Here are new composition rules:

sub.example.com -> [.example.com] -> sub.example.com
sub1.sub2.example.co.uk -> [.example.co.uk] -> sub2.example.co.uk

DNS composition

SURBL module composes the DNS request of two parts:

  • TLD component as defined in the previous section;
  • DNS list suffix

For example, to form a request to multi.surbl.org, the following applied:

example.com -> example.com.multi.surbl.com

Results parsing

Normally, DNS blacklists encode reply in A record from some private network (namely, 127.0.0.0/8). Encoding varies from one service to another. Some lists use bits encoding, where a single DNS list or error message is encoded as a bit in the least significant octet of the IP address. For example, if bit 1 encodes LISTA and bit 2 encodes LISTB, then we need to perform bitwise OR for each specific bit to decode reply:

 127.0.0.3 -> LISTA | LISTB -> both bit symbols are added
 127.0.0.2 -> LISTB only
 127.0.0.1 -> LISTA only

This encoding can save DNS requests to query multiple lists one at a time.

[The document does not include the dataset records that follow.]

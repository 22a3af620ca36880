-- ===== src/Word/Filter/Masked.antt =====
-- The masked text, described without positions, and texts without words.
use libev_test.Base.{
  ℕ, zero, suc, ◌-◌, ◌≤◌, ◌≡◌, refl, ap, ◌∙◌, arith, Bool, true, false, ◌||◌, List, [], ◌∷◌, ◌++◌,
  none, some, ◌==◌, if◌then◌else◌, length, take, drop, length-drop, inl, inr, Option-cases,
}
use libev_test.Word.Tree.Find.{shortest, shortest-none, has_word, shortest-cons, bump}
use libev_test.Word.Tree.Insert.{word_eq}
use libev_test.Word.Filter.{star}

-- Where a word begins, a star stands for the shortest such word, in both texts at once; elsewhere the
-- characters stay. The rounds are to be as many as the text has characters.
unfoldable pub mask : (List ℕ → Bool) → ℕ → List ℕ → List ℕ → List ℕ × List ℕ
mask p rounds [] ys = ([], ys)
mask p zero (x ∷ xs) ys = (x ∷ xs, ys)
mask p (suc rounds) (x ∷ xs) ys = elim (shortest p (x ∷ xs)) [
  | none ↦ let (d, r) = mask p rounds xs (drop 1 ys) in (x ∷ d, take 1 ys ++ r)
  | some n ↦ let (d, r) = mask p rounds (drop n (x ∷ xs)) (drop n ys) in (star ∷ d, star ∷ r)
]

-- A word that passes the test begins at some place of the text.
unfoldable pub any_word : (List ℕ → Bool) → List ℕ → Bool
any_word p [] = false
any_word p (x ∷ xs) = elim (shortest p (x ∷ xs)) [ none ↦ any_word p xs | some n ↦ true ]

unfoldable pub has_star : List ℕ → Bool
has_star [] = false
has_star (x ∷ xs) = x == star || has_star xs

-- No text with a star passes the test.
abbrev pub IsStarless : (List ℕ → Bool) → Type 0
IsStarless p = (v : List ℕ) → has_star v ≡ true → p v ≡ false

IsStarless-below : (p : List ℕ → Bool) (x : ℕ) → IsStarless p → IsStarless (λ v. p (x ∷ v))
unfolding has_star
IsStarless-below p x h v s = h (x ∷ v) (ground arith)

shortest-star : (q : List ℕ → Bool) (w : List ℕ) → IsStarless q → shortest q (star ∷ w) ≡ none
unfolding has_star
shortest-star q w h =
    let nothing = λ (v : List ℕ). h (star ∷ v) (ground arith) in
    shortest-cons q star w
    ∙ ap (λ b. if b then some 1 else bump (shortest (λ v. q (star ∷ v)) w)) (nothing [])
    ∙ ap bump (shortest-none (λ v. q (star ∷ v)) w nothing)

shortest-tail :
    (q : List ℕ → Bool) (x : ℕ) (w : List ℕ)
    → shortest q (x ∷ w) ≡ none
    → (q (x ∷ []) ≡ false) × (shortest (λ v. q (x ∷ v)) w ≡ none)
shortest-tail q x w h = ground (arith, shortest-cons q x w)

shortest-head :
    (q : List ℕ → Bool) (x : ℕ) (w : List ℕ)
    → q (x ∷ []) ≡ false
    → shortest (λ v. q (x ∷ v)) w ≡ none
    → shortest q (x ∷ w) ≡ none
shortest-head q x w h k = ground (arith, shortest-cons q x w)

module _ (p : List ℕ → Bool) where
  -- Masking makes no word at the front of the text.
  mask-keeps :
      (rounds : ℕ) (q : List ℕ → Bool) (xs ys : List ℕ)
      → IsStarless q
      → shortest q xs ≡ none
      → shortest q (mask p rounds xs ys).0 ≡ none
  unfolding mask
  mask-keeps rounds q [] ys h e = e
  mask-keeps zero q (x ∷ xs) ys h e = e
  mask-keeps (suc rounds) q (x ∷ xs) ys h e = elim (Option-cases (shortest p (x ∷ xs))) [
    | inl k ↦
        let (here, later) = shortest-tail q x xs e in
        rw (k, mask)
          (shortest-head q x (mask p rounds xs (drop 1 ys)).0 here
            (mask-keeps rounds (λ v. q (x ∷ v)) xs (drop 1 ys) (IsStarless-below q x h) later))
    | inr (n, k) ↦ rw (k, mask) (shortest-star q (mask p rounds (drop n (x ∷ xs)) (drop n ys)).0 h)
  ]

any_word-skip :
    (p : List ℕ → Bool) (x : ℕ) (w : List ℕ)
    → shortest p (x ∷ w) ≡ none
    → any_word p w ≡ false
    → any_word p (x ∷ w) ≡ false
unfolding any_word
any_word-skip p x w e h = rw (e, any_word) h

-- A word found has one character at least, and lies in the text.
pub shortest_bounds :
    (p : List ℕ → Bool) (w : List ℕ) (n : ℕ) → shortest p w ≡ some n → (1 ≤ n) × (n ≤ length w)
unfolding shortest
shortest_bounds p [] n h = cc
shortest_bounds p (c ∷ w) n h = elim (Option-cases (shortest (λ v. p (c ∷ v)) w)) [
  | inl e ↦ ground (arith, e)
  | inr (k, e) ↦ let deeper = shortest_bounds (λ v. p (c ∷ v)) w k e in ground (arith, e, deeper)
]

module _ (p : List ℕ → Bool) (starless : IsStarless p) where
  -- No word is left in the masked text.
  pub any_word-mask :
      (rounds : ℕ) (xs ys : List ℕ)
      → length xs ≤ rounds
      → any_word p (mask p rounds xs ys).0 ≡ false
  unfolding mask
  any_word-mask rounds [] ys h = unfold any_word in refl
  any_word-mask zero (x ∷ xs) ys h = absurd (omega arith)
  any_word-mask (suc rounds) (x ∷ xs) ys h = elim (Option-cases (shortest p (x ∷ xs))) [
    | inl k ↦
        let (here, later) = shortest-tail p x xs k in
        let still = shortest-head p x (mask p rounds xs (drop 1 ys)).0 here (
          mask-keeps p rounds (λ v. p (x ∷ v)) xs (drop 1 ys) (IsStarless-below p x starless)
            later) in
        rw (k, mask)
          (any_word-skip p x (mask p rounds xs (drop 1 ys)).0 still
            (any_word-mask rounds xs (drop 1 ys) (omega arith)))
    | inr (n, k) ↦
        let ih =
          any_word-mask rounds (drop n (x ∷ xs)) (drop n ys)
            (omega (arith, length-drop n (x ∷ xs), shortest_bounds p (x ∷ xs) n k)) in
        let out = (mask p rounds (drop n (x ∷ xs)) (drop n ys)).0 in
        rw (k, mask) (any_word-skip p star out (shortest-star p out starless) ih)
  ]

-- The two masked texts have the same length, and something is left.
pub length-mask :
    (p : List ℕ → Bool) (m : ℕ) (xs ys : List ℕ)
    → length ys ≡ length xs
    → (length (mask p m xs ys).1 ≡ length (mask p m xs ys).0)
      × (length xs - (length xs - 1) ≤ length (mask p m xs ys).0)
unfolding mask
length-mask p m [] ys same = (same, omega arith)
length-mask p zero (x ∷ xs) ys same = (same, omega arith)
length-mask p (suc m) (x ∷ xs) [] same = absurd (omega arith)
length-mask p (suc m) (x ∷ xs) (y ∷ ys) same = elim (Option-cases (shortest p (x ∷ xs))) [
  | inl e ↦ let ih = length-mask p m xs ys (omega arith) in rw (e, mask) (ap suc ih.0, omega arith)
  | inr (n, e) ↦
      let ih =
        length-mask p m (drop n (x ∷ xs)) (drop n (y ∷ ys))
          (omega (arith, length-drop n (x ∷ xs), length-drop n (y ∷ ys))) in
      rw (e, mask) (ap suc ih.0, omega arith)
]

-- None of the words has a star.
abbrev pub AreStarless : List (List ℕ) → Type 0
AreStarless [] = Unit
AreStarless (w ∷ ws) = (has_star w ≡ false) × AreStarless ws

word_eq-star : (w v : List ℕ) → word_eq w v ≡ true → has_star v ≡ has_star w
unfolding word_eq has_star
word_eq-star [] [] h = refl
word_eq-star [] (d ∷ v) h = cc
word_eq-star (c ∷ w) [] h = cc
word_eq-star (c ∷ w) (d ∷ v) h = ground (arith, word_eq-star w v)

pub has_word-IsStarless : (ws : List (List ℕ)) → AreStarless ws → IsStarless (has_word ws)
unfolding has_word
has_word-IsStarless [] h v s = refl
has_word-IsStarless (w ∷ ws) h v s =
    ground (arith, has_word-IsStarless ws h.1 v s, word_eq-star w v)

Some other lists use direct encoding of lists by some specific addresses. In this case you should define results decoding principle in ips section not bits since bitwise rules are not applicable to these lists. In ips section you explicitly match the ip returned by a list and its meaning.

IP lists

From rspamd 1.1 it is also possible to do two step checks:

  1. Resolve IP addresses of each URL
  2. Check each IP resolved against SURBL list

In general this procedure could be represented as following:

  • Check A or AAAA records for example.com
  • For each ip address resolve it using reverse octets composition: so if IP address of example.com is 1.2.3.4, then checks would be for 4.3.2.1.uribl.tld

For example, SBL list of spamhaus project provides such functions using ZEN multi list. This is included in rspamd default configuration:

    rule {
        suffix = "zen.spamhaus.org";
        symbol = "ZEN_URIBL";
        resolve_ip = true;
        ips {
            URIBL_SBL = "127.0.0.2";
        }
    }

Disabling SURBLs

Rules can be disabled by setting the enabled setting to false. This allows for easily disabling SURBLs without overriding the full default configuration. The example below could be added to /etc/rspamd/local.d/surbl.conf to disable the RAMBLER_URIBL URIBL.

rules {
  "RAMBLER_URIBL" {
    enabled = false;
  }
}

Use of URL redirectors

SURBL module is designed to work with url_redirector module which can help to resolve some known redirectors and extract the real URL to check with this module. Please refer to the module’s documentation about how to work with it. SURBL module will automatically use that results.